REFERRING PHYSICIAN:  John Doe, MD

REASON FOR CONSULTATION:  Evaluation and management of end-stage renal disease, on hemodialysis.

HISTORY OF PRESENT ILLNESS:  This is a very pleasant (XX)-year-old female, who is undergoing dialysis. The patient states that she went to the dialysis unit today, complaining of some shortness of breath and had a hematocrit run, which showed that it was very low. This test was repeated, and her hemoglobin was 6 in the emergency department today. She was asked to come directly to the emergency room without dialysis for possibility of bleeding. She has a past medical history of homozygous sickle cell disease leading to end-stage renal disease, sickle cell hepatopathy, hypertension, multiple failed vascular accesses, a right PermCath, which was infected the last time she was hospitalized but was able to be saved with antibiotics. The patient was seen in emergent consultation in the emergency room after being on vancomycin for 6 weeks for sepsis syndrome and consultation is further requested regarding her condition.

REVIEW OF SYSTEMS:  The patient denies chest pain or palpitations. She is quite short of breath, otherwise states she feels well. The patient has not had fever, chills, cough, chest pain, abdominal pain, nausea, vomiting, diarrhea, black or bloody stools.
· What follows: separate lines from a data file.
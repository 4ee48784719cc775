-- ===== src/ThinLock/Safety.antt =====
-- What the lock of src/windows/sync.rs promises, in every state that its agents reach.
use sandbox_ipc.Prelude.{ℕ, ◌<◌, ◌≡◌, ◌≢◌, ◌⊎◌, inl, inr, some, arith, Option-cases}
use sandbox_ipc.Prelude.Word.{usize_mod}
use sandbox_ipc.Prelude.Agents.{tally, tally-two, tally-one, tally-pos}
use sandbox_ipc.ThinLock.{Semaphore, waiting, holding, releasing, failed, System, Reach}
use sandbox_ipc.ThinLock.Invariant.{counted, owning, Inv, Reach-Inv}

module _ {S : Type 0} (sem : Semaphore S) where
  -- Mutual exclusion: two different agents never own a guard at once, if the agents are fewer than
  -- the counter can count.
  pub mutual_exclusion :
      {n : ℕ} {s : System sem}
      → n < usize_mod
      → Reach sem n s
      → (a b : ℕ) → a < n
      → b < n
      → b ≢ a
      → s.pc a ≡ holding
      → s.pc b ≢ holding
  mutual_exclusion {n} {s} few r a b in_a in_b differ held held' =
      let inv = Reach-Inv sem few r in
      ground (arith, inv.tokens, tally-two owning n a b s.pc in_a in_b differ)

  -- No agent panics in the drop of its guard: `ReleaseSemaphore` never meets the maximum, and the
  -- counter is never found in an invalid state, if the agents are fewer than the counter can count.
  pub never_fails :
      {n : ℕ} {s : System sem} → n < usize_mod → Reach sem n s → (a : ℕ) → s.pc a ≢ failed
  never_fails few r a = (Reach-Inv sem few r).sound a

  -- No lost wake-up: while an agent waits, the semaphore lets a waiting agent through, or another
  -- agent owns the guard or is about to release the semaphore, if the agents are fewer than the
  -- counter can count.
  pub no_lost_wakeup :
      {n : ℕ} {s : System sem}
      → n < usize_mod
      → Reach sem n s
      → (a : ℕ) → a < n
      → s.pc a ≡ waiting
      → ((t : S) × (sem.wait s.mem.semaphore ≡ some t))
        ⊎ ((b : ℕ) × ((s.pc b ≡ holding) ⊎ (s.pc b ≡ releasing)))
  no_lost_wakeup {n} {s} few r a lt at = elim (Option-cases (sem.wait s.mem.semaphore)) [
    | inl empty ↦ inr (
        owner (
          ground (
            arith,
            inv.users,
            inv.tokens,
            tally-one counted n a s.pc lt,
            sem.wait-none s.mem.semaphore empty,
          )))
    | inr (t, e) ↦ inl (t, e)
  ]
    where
      inv : Inv sem n s.mem s.pc
      inv = Reach-Inv sem few r

      owner : 0 < tally owning n s.pc → (b : ℕ) × ((s.pc b ≡ holding) ⊎ (s.pc b ≡ releasing))
      owner h = let (b, below, w) = tally-pos owning n s.pc h in (b, ground (arith, w))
The patient does complain of right hip pain and back pain and states that she may have fallen recently.

MEDICATIONS AT HOME:  Cardizem, clonidine, and PhosLo.

PAST MEDICAL HISTORY:  End-stage renal disease, homozygous sickle cell, PermCath, failed vascular accesses, severe hypertension, and sickle cell hepatopathy.
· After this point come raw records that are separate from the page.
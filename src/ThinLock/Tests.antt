-- ===== src/ThinLock/Tests.antt =====
-- The lock of src/windows/sync.rs over a semaphore that counts, run by hand, and the theorems at the
-- states that it reaches.
use sandbox_ipc.Prelude.{
  ℕ, zero, suc, ◌+◌, ◌≡◌, ◌≢◌, ◌⊎◌, refl, arith, Option, none, some, ltb, if◌then◌else◌,
}
use sandbox_ipc.ThinLock.{
  Semaphore, holding, releasing, after_add, System, Reach, start, later, Move,
}
use sandbox_ipc.ThinLock.Safety.{mutual_exclusion, no_lost_wakeup}

abbrev wait : ℕ × ℕ → Option (ℕ × ℕ)
wait (zero, m) = none
wait (suc k, m) = some (k, m)

abbrev release : ℕ × ℕ → Option (ℕ × ℕ)
release (k, m) = if ltb k m then some (suc k, m) else none

wait-some_lem : (s t : ℕ × ℕ) → wait s ≡ some t → (s.0 ≡ t.0 + 1) × (t.1 ≡ s.1)
wait-some_lem (zero, m) t e = ground arith
wait-some_lem (suc k, m) t e = ground arith

wait-none_lem : (s : ℕ × ℕ) → wait s ≡ none → s.0 ≡ 0
wait-none_lem (zero, m) e = refl
wait-none_lem (suc k, m) e = ground arith

-- The count and the maximum.
abbrev counter : Semaphore (ℕ × ℕ)
counter = record {
  create = λ i m. (i, m);
  count = λ s. s.0;
  maximum = λ s. s.1;
  wait = wait;
  release = release;
  count-create = λ i m. refl;
  maximum-create = λ i m. refl;
  wait-some = wait-some_lem;
  wait-none = wait-none_lem;
  release-some = λ s t e. ground arith;
  release-none = λ s e. ground arith;
}

-- Agent 0 holds the lock and agent 1 waits for it.
abbrev contended : (s : System counter) × Reach counter 2 s
unfolding after_add
contended = (_, later 1 (later 0 start (omega arith) Move.lock) (omega arith) Move.lock)

mutual_exclusion_example : contended.0.pc 1 ≢ holding
unfolding after_add
mutual_exclusion_example =
    mutual_exclusion counter {n = 2} {s = contended.0} (omega arith) contended.1 0 1 (omega arith)
      (omega arith) (omega arith) refl

no_lost_wakeup_example :
    ((t : ℕ × ℕ) × (wait contended.0.mem.semaphore ≡ some t))
    ⊎ ((b : ℕ) × ((contended.0.pc b ≡ holding) ⊎ (contended.0.pc b ≡ releasing)))
unfolding after_add
no_lost_wakeup_example =
    no_lost_wakeup counter {n = 2} {s = contended.0} (omega arith) contended.1 1 (omega arith) refl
SOCIAL HISTORY:  Nonsmoker, nondrinker.

FAMILY HISTORY:  Negative for inherited renal disease.

PHYSICAL EXAMINATION:
VITAL SIGNS: Blood pressure is currently 142/64, pulse 60, and afebrile.
HEENT: Head normocephalic. No mass or tenderness. Slight scleral icterus. Pupils symmetric. Sclerae anicteric.
NECK: No JVD, no thyromegaly.
CHEST: Right chest PermCath does not appear infected.
LUNGS: Clear to auscultation and percussion. Symmetric excursions.
HEART: Normal S1 and S2 with 3/6 systolic ejection murmur at the base of the heart.
ABDOMEN: Soft, nontender, and nondistended. Positive bowel sounds.
EXTREMITIES: No clubbing, cyanosis or edema.
SKIN: No rashes, warm, and dry.
NEUROLOGIC: Alert and oriented x3. Cranial nerves intact.

LABORATORY AND DIAGNOSTIC STUDIES:  Hemoglobin 6. Howell-Jolly bodies consistent with autosplenectomy. Platelets 444,000, mean corpuscular hemoglobin 28.8, mean cell volume 91.4 with somewhat of an eosinophilic predominance. RBC mass 2.06, reticulocyte count 4, which is elevated.

ASSESSMENT:
1.  Acute shortness of breath, likely secondary to anemia.
2.  History of acute anemia, history of sickle cell homozygous disease with worsened anemia, unclear etiology. The patient denies bleeding gums, petechiae, purpura, bright red blood per rectum.
3.  History of PermCath infection, on vancomycin.
4.  End-stage renal disease dialysis Tuesday, Thursday, and Saturday. Multiple failed vascular accesses.
5. Right hip pain, suspected history of fall and trauma in the past.

PLAN:
1.  Right hip x-rays.
2.  Mobile dialysis to dialyze today.
3.  Transfuse 3 units of packed red blood cells.
4.  Hematology consult regarding homozygous sickle cell.
5.  Renal osteodystrophy panel.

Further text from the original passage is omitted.